Even with this style of education in place we still find those that educate themselves in spite of it, such as this woman, Bonnie Fisher.

Bonnie Fisher is someone whom we should look to for what embodies a true teacher.  Her experience includes teaching for 22 years,  7th-12th grade high school English and Latin courses, and annotating and reviewing textbooks from America’s decades long past.  Her speech is such that will leave you spellbound and wishing for a day when we were truly educated, and those who received merely an 8th grade education, could speak with eloquence and understanding of the English language.

In her testimony to the Indiana State Legislator, she expresses her concern by stating, “The Common Core state standards are pernicious, because we cannot continue to have a viable Democracy with an ignorant population, or a population that is gullible or a population that is mentally shackled, and have somebody else, some other group, whether it’s the 1%, or whoever they are, be in charge of affairs…. It is not to a great deal ordinary people… (that are in charge anymore).

Please watch her AMAZING testimony

In conclusion of her testimony Bonnie explains how her education included those great classics, mainly Marcus Tullius Cicero!   How many can claim a thorough understanding of that great philosopher, politician, lawyer, orator, and constitutionalist?  I know my own children and students will be well versed in his works as well as other great classics.   I desire for my children and students to be prepared for LIFE.   That life may include career and college.  Even so, college and career will not be the motivating factor for their education.   I deem it will allow them much, much more!  Of course, my humble opinion is that we need more than Sunday School to teach those things that our great leaders learned in the 18th Century.  I wish that public school is what it once could have been, as that would make my life of being a mom much more SIMPLE.  If SIMPLE is ever a term that could be applied to motherhood and parenting!

This article has been reposted from Wyoming Against the Common Core with permission from the author, Christy Hooley.

2 thoughts on “Educational Decay: Loss of 18th Century Rigor

  1. There is a meeting at University High School in Spokane on October 16th to discuss Common Core with parents.

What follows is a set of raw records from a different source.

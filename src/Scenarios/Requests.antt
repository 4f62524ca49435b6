-- ===== src/Scenarios/Requests.antt =====
-- The theorems on routing, applied to concrete requests and ledgers.
use ikimetr.Prelude.{◌≡◌, refl, none, some, List, [], ◌∷◌, text, text_eq}
use ikimetr.Config.{ProviderId, RiskClass, CapabilityId, DataClass, Route, route_Eq}
use ikimetr.LedgerEvents.{AttemptStatus, HealthStatus, ApprovalDecision, LedgerEvent}
use ikimetr.Routing.Codes.{ApprovalScope}
use ikimetr.Routing.Policy.{
  RequestDataClass, TaskRoutingRequest, evaluate_provider_policy, Permitted,
  evaluate_provider_policy-Permitted,
}
use ikimetr.Routing.State.{
  RoutingAttemptEvidence, RoutingState, derive_routing_state, or_unknown, or_missing,
  get_provider_health, scope_name, get_approval_state, same_outcome, has_repeated_failure,
}
use ikimetr.Routing.State.Latest.{
  latest_health, latest_approval, get_provider_health-latest, get_approval_state-latest,
}
use ikimetr.Routing.State.Failures.{Repeated, has_repeated_failure-Repeated}
use ikimetr.Scenarios.{demo_config, hash, cloud_provider}

abbrev asked : TaskRoutingRequest
asked = record {
  task_id = text "t1";
  task_type = text "docs";
  purpose = text "notes";
  risk_class = RiskClass.low;
  data_class = RequestDataClass.allowable DataClass.internal;
  requested_capability = CapabilityId.documentation;
  task_spec_hash = hash;
  input_hashes = [];
  current_diff_hash = none;
  error_fingerprint = none;
  verification_profile = text "default";
  allowed_routes = Route.local ∷ Route.cheap_cloud ∷ [];
  max_route = Route.cheap_cloud;
  requested_scopes = [];
  manual_primary_agent = none;
}

evaluate_provider_policy-Permitted_example : Permitted cloud_provider asked ProviderId.deepseek
unfolding evaluate_provider_policy
evaluate_provider_policy-Permitted_example =
    evaluate_provider_policy-Permitted demo_config asked ProviderId.deepseek refl

abbrev health_events : List LedgerEvent
health_events =
    LedgerEvent.provider_health (record {
      event_id = text "e1";
      occurred_at = text "2026-01-02T03:04:05Z";
      provider = ProviderId.qwen;
      model = text "chat";
      status = HealthStatus.timeout;
      latency_ms = none;
      reason_code = text "probe";
    })
    ∷ LedgerEvent.approval (record {
      event_id = text "e2";
      occurred_at = text "2026-01-02T03:04:06Z";
      approval_id = text "p1";
      task_id = text "t1";
      decision = ApprovalDecision.approved;
      scope = text "strong";
      approver_hash = hash;
      reason_code = text "ok";
    })
    ∷ []

get_provider_health-latest_example :
    get_provider_health
      (derive_routing_state health_events (text "t1"))
      ProviderId.qwen
      (text "chat")
    ≡ or_unknown (latest_health ProviderId.qwen (text "chat") health_events)
get_provider_health-latest_example =
    get_provider_health-latest health_events (text "t1") ProviderId.qwen (text "chat")

get_approval_state-latest_example :
    get_approval_state (derive_routing_state health_events (text "t1")) ApprovalScope.strong
    ≡ or_missing (latest_approval (text "t1") (scope_name ApprovalScope.strong) health_events)
get_approval_state-latest_example =
    get_approval_state-latest health_events (text "t1") ApprovalScope.strong

abbrev attempt : RoutingAttemptEvidence
attempt = record {
  attempt_id = text "a1";
  route = Route.local;
  request_fingerprint = hash;
  status = AttemptStatus.failed;
  patch_hash = some (text "d1");
  error_fingerprint = some (text "f1");
  escalation_reason = none;
  verification_evidence_hashes = [];
}

abbrev failing : RoutingState
failing = record {
  task_id = text "t1";
  provider_health = [];
  approvals = [];
  attempts = attempt ∷ attempt ∷ [];
}

has_repeated_failure-Repeated_example : Repeated failing (text "f1") (text "d1") none
unfolding has_repeated_failure same_outcome text_eq
has_repeated_failure-Repeated_example =
    has_repeated_failure-Repeated failing (text "f1") (text "d1") none refl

    I’m hoping to see more than just myself standing against this

    Erik Bradstreet

    Sent from my iPad


    • I am a mother who has home-schooled my three children from kindergarten through high school. After learning about this “Common Core” that is in our education system I am very passionate about educating myself on the ultimate goal of those who devised it. This appears to be a sad testimony of how far we have strayed from the foundations laid by those who established our country a few hundred years ago. The education of our children should be among the highest priority of a nation, not money!